The State Street promenade, I am told, will be shrink-wrapped down to four or five blocks, which makes sense. As for what to do about cars and bikes, I am told the recommendation is that cars will be allowed back in some limited fashion for a limited portion of the street while bike riders will be told to get off and walk their steeds for that four- or five-block stretch. 

As far as parades go — another key flashpoint issue — the murmurings I’m hearing are disquieting in the extreme, reflecting the extent to which paranoia over mass shootings will forever now intrude into all aspects of city planning. 

I am hearing competing accounts. In one, the cops don’t want any parades back on State Street at all — not Solstice, not the Christmas parade, and not Fiesta — because they offer too inviting a target: large populations packed in tight with lots of high buildings where those intent on mass mayhem could fire off a few hundred rounds. In another variant, the cops are more concerned about Fiesta, in part because of all of the above with the addition of all that highly spook-able horseflesh

Full disclosure: I haven’t asked the cops yet to find out. 

In recent weeks, the 99 Cent store on the 400 block of State Street shut its doors as part of a chain-wide declaration of bankruptcy. What will go in its place. Given that most State Street properties are shaped like bowling alleys—too long and narrow for most merchants’ needs—maybe the landlord, Ray Mahboob, should reconsider a bowling alley for the site. He tried once before but got nowhere but exasperated for his efforts. Maybe second-time will be the charm. | Credit: Wikimedia Commons

I think the lesson of history is that angry young men with too much hate in their hearts will find a way to kill as many people as inhumanely possible whether or not parades are allowed as long as the means of mass destruction remain so readily available. But if law enforcement did not lie awake at night in a cold sweat worrying about such things, they’d be guilty of extreme negligence.

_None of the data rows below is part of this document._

-- ===== src/Protocol/Examples.antt =====
-- Runs of `split_packet` and of the address parser (crates/ombrac/src/protocol.rs), and the theorems
-- at these inputs.
use ombrac.Prelude.{
  ℕ, ◌+◌, ◌*◌, ◌%◌, ◌≤◌, ◌<◌, ◌≡◌, ◌∙◌, refl, Option, none, some, List, [], ◌∷◌, arith, length, ok,
  err, replicate, length-replicate,
}
use ombrac.Net.{Bytes, SocketAddr, IoError}
use ombrac.Protocol.{
  Address, domain, UdpPacket, split_packet, chunks, make_fragment, try_from, enumerate_map,
}
use ombrac.Protocol.Split.{
  Numbered, payloads, Counted, split_packet-Numbered, split_packet-total, split_packet-made,
  split_packet-count_wraps, chunks-count, length-enumerate_map,
}

abbrev test_address : Address
test_address = domain (97 ∷ []) 53

abbrev test_payload : Bytes
test_payload = 1 ∷ 2 ∷ 3 ∷ 4 ∷ 5 ∷ []

abbrev test_packets : List UdpPacket
test_packets =
    enumerate_map (make_fragment 7 test_address 9 3) 0 ((1 ∷ 2 ∷ []) ∷ (3 ∷ 4 ∷ []) ∷ (5 ∷ []) ∷ [])

test_split : split_packet 7 test_address test_payload 2 9 ≡ some test_packets
unfolding split_packet chunks
test_split = refl

-- Empty data, and the size 0, are panics.
split_empty : split_packet 7 test_address [] 2 9 ≡ none
unfolding split_packet chunks
split_empty = refl

split_zero : split_packet 7 test_address test_payload 0 9 ≡ none
unfolding split_packet
split_zero = refl

split_packet-Numbered_example :
    Numbered 7 test_address 9 2 3 0 test_packets × (payloads test_packets ≡ test_payload)
split_packet-Numbered_example =
    split_packet-Numbered 7 test_address test_payload 2 9 test_packets test_split (omega arith)

split_packet-total_example :
    (packets : List UdpPacket) × (split_packet 7 test_address test_payload 2 9 ≡ some packets)
    × (5 ≤ 2 * length packets)
    × (2 * length packets < 5 + 2)
split_packet-total_example =
    split_packet-total 7 test_address test_payload 2 9 (omega arith) (omega arith) (omega arith)

-- 65537 octets, to be sent one in a packet; the list is not computed.
huge : Bytes
huge = replicate 65537 0

length-huge : length huge ≡ 65537
unfolding huge
length-huge = length-replicate {A = ℕ} 65537 0

huge_count : length (chunks 1 huge) ≡ 65537
huge_count = let (lo, hi) = chunks-count 1 huge (omega arith) in omega (arith, length-huge)

abbrev huge_packets : List UdpPacket
huge_packets =
    enumerate_map (make_fragment 7 test_address 9 (length (chunks 1 huge) % 65536)) 0
      (chunks 1 huge)

huge_packets-length : length huge_packets ≡ 65537
huge_packets-length = length-enumerate_map _ 0 (chunks 1 huge) ∙ huge_count

huge_split : split_packet 7 test_address huge 1 9 ≡ some huge_packets
huge_split = split_packet-made 7 test_address huge 1 9 (omega arith) (omega (arith, huge_count))

split_packet-count_wraps_example :
    Counted (length huge_packets % 65536) huge_packets
    × (length huge_packets % 65536 < length huge_packets)
split_packet-count_wraps_example =
    split_packet-count_wraps 7 test_address huge 1 9 huge_packets huge_split
      (omega (arith, huge_packets-length))

no_socket_addr : Bytes → Option SocketAddr
no_socket_addr v = none

-- "a:53"
-- ":53" and "a53"
no_name : (e : IoError) × (try_from no_socket_addr (58 ∷ 53 ∷ 51 ∷ []) ≡ err e)
unfolding no_socket_addr try_from
no_name = (_, refl)

no_colon : (e : IoError) × (try_from no_socket_addr (97 ∷ 53 ∷ 51 ∷ []) ≡ err e)
unfolding no_socket_addr try_from
no_colon = (_, refl)

-- "a:65536"
big_port : (e : IoError) × (try_from no_socket_addr (97 ∷ 58 ∷ 54 ∷ 53 ∷ 53 ∷ 51 ∷ 54 ∷ []) ≡ err e)
unfolding no_socket_addr try_from
big_port = (_, refl)

a_53 : try_from no_socket_addr (97 ∷ 58 ∷ 53 ∷ 51 ∷ []) ≡ ok (domain (97 ∷ []) 53)
unfolding no_socket_addr try_from
a_53 = refl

As far as cars and bikes, history has demonstrated that cars failed to save State Street while they had the chance, and bikes — in the four years the promenade has been in place — have failed to bring it back to life. Look at the 400 block, where cars have never been banned. The 99 Cents Only store, one of the few genuinely utilitarian shops in all of downtown, just went out of business. Maybe the landlord can now fill that space with a bowling alley, which is what he originally wanted. I am told he opted for the 99 Cents store as a finger in the eye of City Hall after all the grief he reportedly experienced trying to get the bowling alley approved. 

Fixing State Street is like putting the genie back in the bottle after you drank the contents and threw the bottle out the window. It ain’t easy. But it beats the alternative. Like my neighbor noted, “There’s always Armageddon.”